# Need a Mexican style Rub - Want to make Carnitas Tacos and Tamales with the Pulled Pork..



## reeko (Jun 23, 2010)

I know that the smoker is not the traditional way to make carnitas, but anyway I wanted suggestions for a mexican style rub to smoke 2 shoulders.

In the past I use a normal rub (I found here) and the pork is good. But I tend to eat almost all of the pork as Tacos. So, I wanted a more Mexican flavored rub.

If it turns out good, I plan to also make homemade tamales with the pulled pork... MMMMMM.

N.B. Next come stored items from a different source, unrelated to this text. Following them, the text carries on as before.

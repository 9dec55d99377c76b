-- ===== src/Modbus/Crc/Detection.antt =====
-- What the checksum of `Modbus::crc` detects.
use Prim.Native.Nat.{bit_xor}
use fiware_io_tagent_cpluspl.Common.{
  ℕ, ◌+◌, ◌*◌, ◌<◌, ◌≡◌, refl, sym, ap, ◌∙◌, ◌≢◌, true, List, [], ◌∷◌, ◌++◌, arith, ◌==◌,
  if◌then◌else◌, get_or, All, All-append, ==_iff, all_below, all_below-holds,
}
use fiware_io_tagent_cpluspl.Common.Bits.{bit_xor-lt, bit_xor_cancel, bit_xor_comm}
use fiware_io_tagent_cpluspl.Modbus.Crc.{
  table_crc_hi, table_crc_lo, Register, crc_round, crc_loop, crc,
}
use fiware_io_tagent_cpluspl.Modbus.Crc.Reference.{IsByte, IsRegister, crc_round-IsRegister}

-- No value stands twice in the low table: its position is found again.
index_of : ℕ → ℕ → List ℕ → ℕ
index_of v n [] = n
index_of v n (x ∷ xs) = let rest = index_of v (n + 1) xs in if x == v then n else rest

positions_checked :
    all_below 256 (λ i. index_of (get_or table_crc_lo i 0) 0 table_crc_lo == i) ≡ true
unfolding all_below index_of table_crc_lo
positions_checked = refl

entry_lo-injective :
    (i j : ℕ) → i < 256 → j < 256 → get_or table_crc_lo i 0 ≡ get_or table_crc_lo j 0 → i ≡ j
entry_lo-injective i j hi hj e =
    sym ((==_iff _ i).0 (all_below-holds _ i 256 hi positions_checked))
    ∙ ap (λ v. index_of v 0 table_crc_lo) e
    ∙ (==_iff _ j).0 (all_below-holds _ j 256 hj positions_checked)

xor_right-injective : (a b c : ℕ) → bit_xor a c ≡ bit_xor b c → a ≡ b
xor_right-injective a b c e =
    sym (bit_xor_cancel a c) ∙ ap (λ t. bit_xor t c) e ∙ bit_xor_cancel b c

-- Two rounds that end in one register read one entry of the tables.
round_entry :
    (r s : Register) (a b : ℕ)
    → IsRegister r
    → IsRegister s
    → a < 256
    → b < 256
    → crc_round r a ≡ crc_round s b
    → (bit_xor r.hi a ≡ bit_xor s.hi b) × (r.lo ≡ s.lo)
unfolding crc_round
round_entry r s a b hr hs ha hb e =
    let same =
      entry_lo-injective (bit_xor r.hi a) (bit_xor s.hi b) (bit_xor-lt 8 r.hi a hr.0 ha)
        (bit_xor-lt 8 s.hi b hs.0 hb) (ap (λ (t : Register). t.lo) e) in
    let highs = ap (λ (t : Register). t.hi) e in
    (
      same,
      xor_right-injective r.lo s.lo (get_or table_crc_hi (bit_xor s.hi b) 0)
          (ap (λ i. bit_xor r.lo (get_or table_crc_hi i 0)) (sym same) ∙ highs),
    )

crc_loop-injective :
    (frame : List ℕ) (r s : Register)
    → All IsByte frame
    → IsRegister r
    → IsRegister s
    → crc_loop r frame ≡ crc_loop s frame
    → r ≡ s
unfolding crc_loop
crc_loop-injective [] r s h hr hs e = e
crc_loop-injective (b ∷ frame) r s h hr hs e =
    let same = round_entry r s b b hr hs h.0 h.0 (
      crc_loop-injective frame (crc_round r b) (crc_round s b) h.1 (crc_round-IsRegister r b hr h.0)
        (crc_round-IsRegister s b hs h.0) e) in
    cc (xor_right-injective r.hi s.hi b same.0, same.1)

pub crc_loop-append :
    (r : Register) (xs ys : List ℕ) → crc_loop r (xs ++ ys) ≡ crc_loop (crc_loop r xs) ys
unfolding crc_loop
crc_loop-append r [] ys = refl
crc_loop-append r (x ∷ xs) ys = crc_loop-append (crc_round r x) xs ys

pub crc_loop-IsRegister :
    (r : Register) (frame : List ℕ)
    → IsRegister r
    → All IsByte frame
    → IsRegister (crc_loop r frame)
unfolding crc_loop
crc_loop-IsRegister r [] h hf = h
crc_loop-IsRegister r (b ∷ frame) h hf =
    crc_loop-IsRegister (crc_round r b) frame (crc_round-IsRegister r b h hf.0) hf.1

join-injective :
    (r s : Register) → IsRegister r → IsRegister s → r.hi * 256 + r.lo ≡ s.hi * 256 + s.lo → r ≡ s
join-injective r s hr hs e = ground arith

xor_left-injective : (a b c : ℕ) → bit_xor c a ≡ bit_xor c b → a ≡ b
xor_left-injective a b c e = xor_right-injective a b c (bit_xor_comm a c ∙ e ∙ bit_xor_comm c b)

-- A change of one byte changes the register, whatever follows.
crc_loop-single_byte :
    (r : Register) (before behind : List ℕ) (a b : ℕ)
    → IsRegister r
    → All IsByte before
    → All IsByte behind
    → a < 256
    → b < 256
    → crc_loop r (before ++ a ∷ behind) ≡ crc_loop r (before ++ b ∷ behind)
    → a ≡ b
unfolding crc_loop
crc_loop-single_byte r before behind a b hr hx hy ha hb e =
    let s = crc_loop r before in
    let ok = crc_loop-IsRegister r before hr hx in
    let joined =
      sym (crc_loop-append r before (a ∷ behind)) ∙ e ∙ crc_loop-append r before (b ∷ behind) in
    let same =
      crc_loop-injective behind (crc_round s a) (crc_round s b) hy (crc_round-IsRegister s a ok ha)
        (crc_round-IsRegister s b ok hb) joined in
    xor_left-injective a b s.hi (round_entry s s a b ok ok ha hb same).0

IsByte-between :
    (xs ys : List ℕ) (a : ℕ) → All IsByte xs → a < 256 → All IsByte ys → All IsByte (xs ++ a ∷ ys)
IsByte-between xs ys a hx ha hy = All-append IsByte xs (a ∷ ys) hx (ha, hy)

-- A frame in which one byte has been changed, wherever it stands, has another checksum.
pub crc-ne_single_byte :
    (before behind : List ℕ) (a b : ℕ)
    → All IsByte before
    → All IsByte behind
    → a < 256
    → b < 256
    → a ≢ b
    → crc (before ++ a ∷ behind) ≢ crc (before ++ b ∷ behind)
unfolding crc
crc-ne_single_byte before behind a b hx hy ha hb ne e =
    let start : Register = record { hi = 0xFF; lo = 0xFF } in
    let fits : IsRegister start = omega arith in
    ne (
      crc_loop-single_byte start before behind a b fits hx hy ha hb (
        join-injective (crc_loop start (before ++ a ∷ behind))
          (crc_loop start (before ++ b ∷ behind))
          (crc_loop-IsRegister start _ fits (IsByte-between before behind a hx ha hy))
          (crc_loop-IsRegister start _ fits (IsByte-between before behind b hx hb hy)) e))
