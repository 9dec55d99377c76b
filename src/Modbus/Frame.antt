-- ===== src/Modbus/Frame.antt =====
-- The class `Modbus` of src/modbus/modbus.h, and the two constructors that build a request frame.
-- The default constructor leaves every field but the vectors and maps uninitialised: such an object
-- is a record with an empty frame. The logger is left out.
use fiware_io_tagent_cpluspl.Common.{
  ℕ, ◌*◌, ◌/◌, ◌%◌, Bool, true, false, not, List, [], ◌∷◌, ◌++◌, length, Bytes,
}
use fiware_io_tagent_cpluspl.Common.Int.{ℤ, negsuc}
use fiware_io_tagent_cpluspl.Common.Map.{Assoc}
use fiware_io_tagent_cpluspl.Modbus.Crc.{crc}

pub data FunctionCode : Type 0 where
  read_holding_registers preset_single_register preset_multiple_register : FunctionCode

-- The values of the enumeration.
abbrev pub function_byte : FunctionCode → ℕ
function_byte read_holding_registers = 0x03
function_byte preset_single_register = 0x06
function_byte preset_multiple_register = 0x10

pub record Modbus : Type 0 where
  pub app_operation : Bytes
  pub modbus_frame : List ℕ
  pub modbus_frame_response : List ℕ
  pub slave_address : ℕ
  pub function_code : FunctionCode
  pub address_data : ℕ
  pub number_of_or_value : ℕ
  pub values_to_write : List ℕ
  pub values : Assoc ℕ ℕ
  pub finished : Bool
  pub completed : Bool
  pub confirmed : Bool
  pub need_be_confirmed : Bool
  pub time_instant : ℤ

-- `(w >> 8) & 0xFF` and `w & 0xFF`
abbrev pub high_byte : ℕ → ℕ
high_byte w = w / 256 % 256

abbrev pub low_byte : ℕ → ℕ
low_byte w = w % 256

-- The last lines of both constructors.
unfoldable pub append_crc : List ℕ → List ℕ
append_crc body = body ++ high_byte (crc body) ∷ low_byte (crc body) ∷ []

-- The loop that appends the values to write.
unfoldable pub word_bytes : List ℕ → List ℕ
word_bytes [] = []
word_bytes (w ∷ ws) = high_byte w ∷ low_byte w ∷ word_bytes ws

abbrev pub request_body : ℕ → FunctionCode → ℕ → ℕ → List ℕ
request_body slave code address number =
    slave
    ∷ function_byte code
    ∷ high_byte address
    ∷ low_byte address
    ∷ high_byte number
    ∷ low_byte number
    ∷ []

abbrev pub write_body : ℕ → FunctionCode → ℕ → List ℕ → List ℕ
write_body slave code address values =
    slave
    ∷ function_byte code
    ∷ high_byte address
    ∷ low_byte address
    ∷ high_byte (length values)
    ∷ low_byte (length values)
    ∷ low_byte (length values * 2)
    ∷ word_bytes values

unfoldable pub new_request : ℕ → FunctionCode → ℕ → ℕ → Bytes → Modbus
new_request slave code address number operation = record {
  app_operation = operation;
  modbus_frame = append_crc (request_body slave code address number);
  modbus_frame_response = [];
  slave_address = slave;
  function_code = code;
  address_data = address;
  number_of_or_value = number;
  values_to_write = [];
  values = [];
  finished = false;
  completed = false;
  confirmed = true;
  need_be_confirmed = false;
  time_instant = negsuc 0;
}

unfoldable pub new_write : ℕ → FunctionCode → ℕ → List ℕ → Bytes → Bool → Modbus
new_write slave code address values operation confirmed = record {
  app_operation = operation;
  modbus_frame = append_crc (write_body slave code address values);
  modbus_frame_response = [];
  slave_address = slave;
  function_code = code;
  address_data = address;
  number_of_or_value = 0;
  values_to_write = values;
  values = [];
  finished = false;
  completed = false;
  confirmed = not confirmed;
  need_be_confirmed = confirmed;
  time_instant = negsuc 0;
}

-- Modbus::finish
unfoldable pub finish : Modbus → Modbus
finish m = record m { finished = true }

-- Modbus::set_time_instant
unfoldable pub set_time_instant : ℤ → Modbus → Modbus
set_time_instant timestamp m = record m { time_instant = timestamp }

Thanks for any suggestions.


----------



## mythmaster (Jun 23, 2010)

I haven't done it yet, but here's one that I found that sounds pretty good:

1 teaspoon salt
1 teaspoon garlic powder
1 teaspoon ground cumin
1/2 teaspoon crumbled dried oregano
1/2 teaspoon ground coriander
1/4 teaspoon ground cinnamon
If that doesn't make enough then you can multiply it with the recipe calculator that I found: http://www.fruitfromwashington.com/Recipes/scale/recipeconversions.php

The recipe is from here: http://allrecipes.com/Recipe/Slow-Cooker-Carnitas/Detail.aspx


----------



## mythmaster (Jun 23, 2010)

Here's a great thread on the subject, too: http://www.smokingmeatforums.com/forum/thread/88326/smoked-carnitas


----------



## chefrob (Jun 23, 2010)

i use an achiote wet rub on mine and it comes out great...............


----------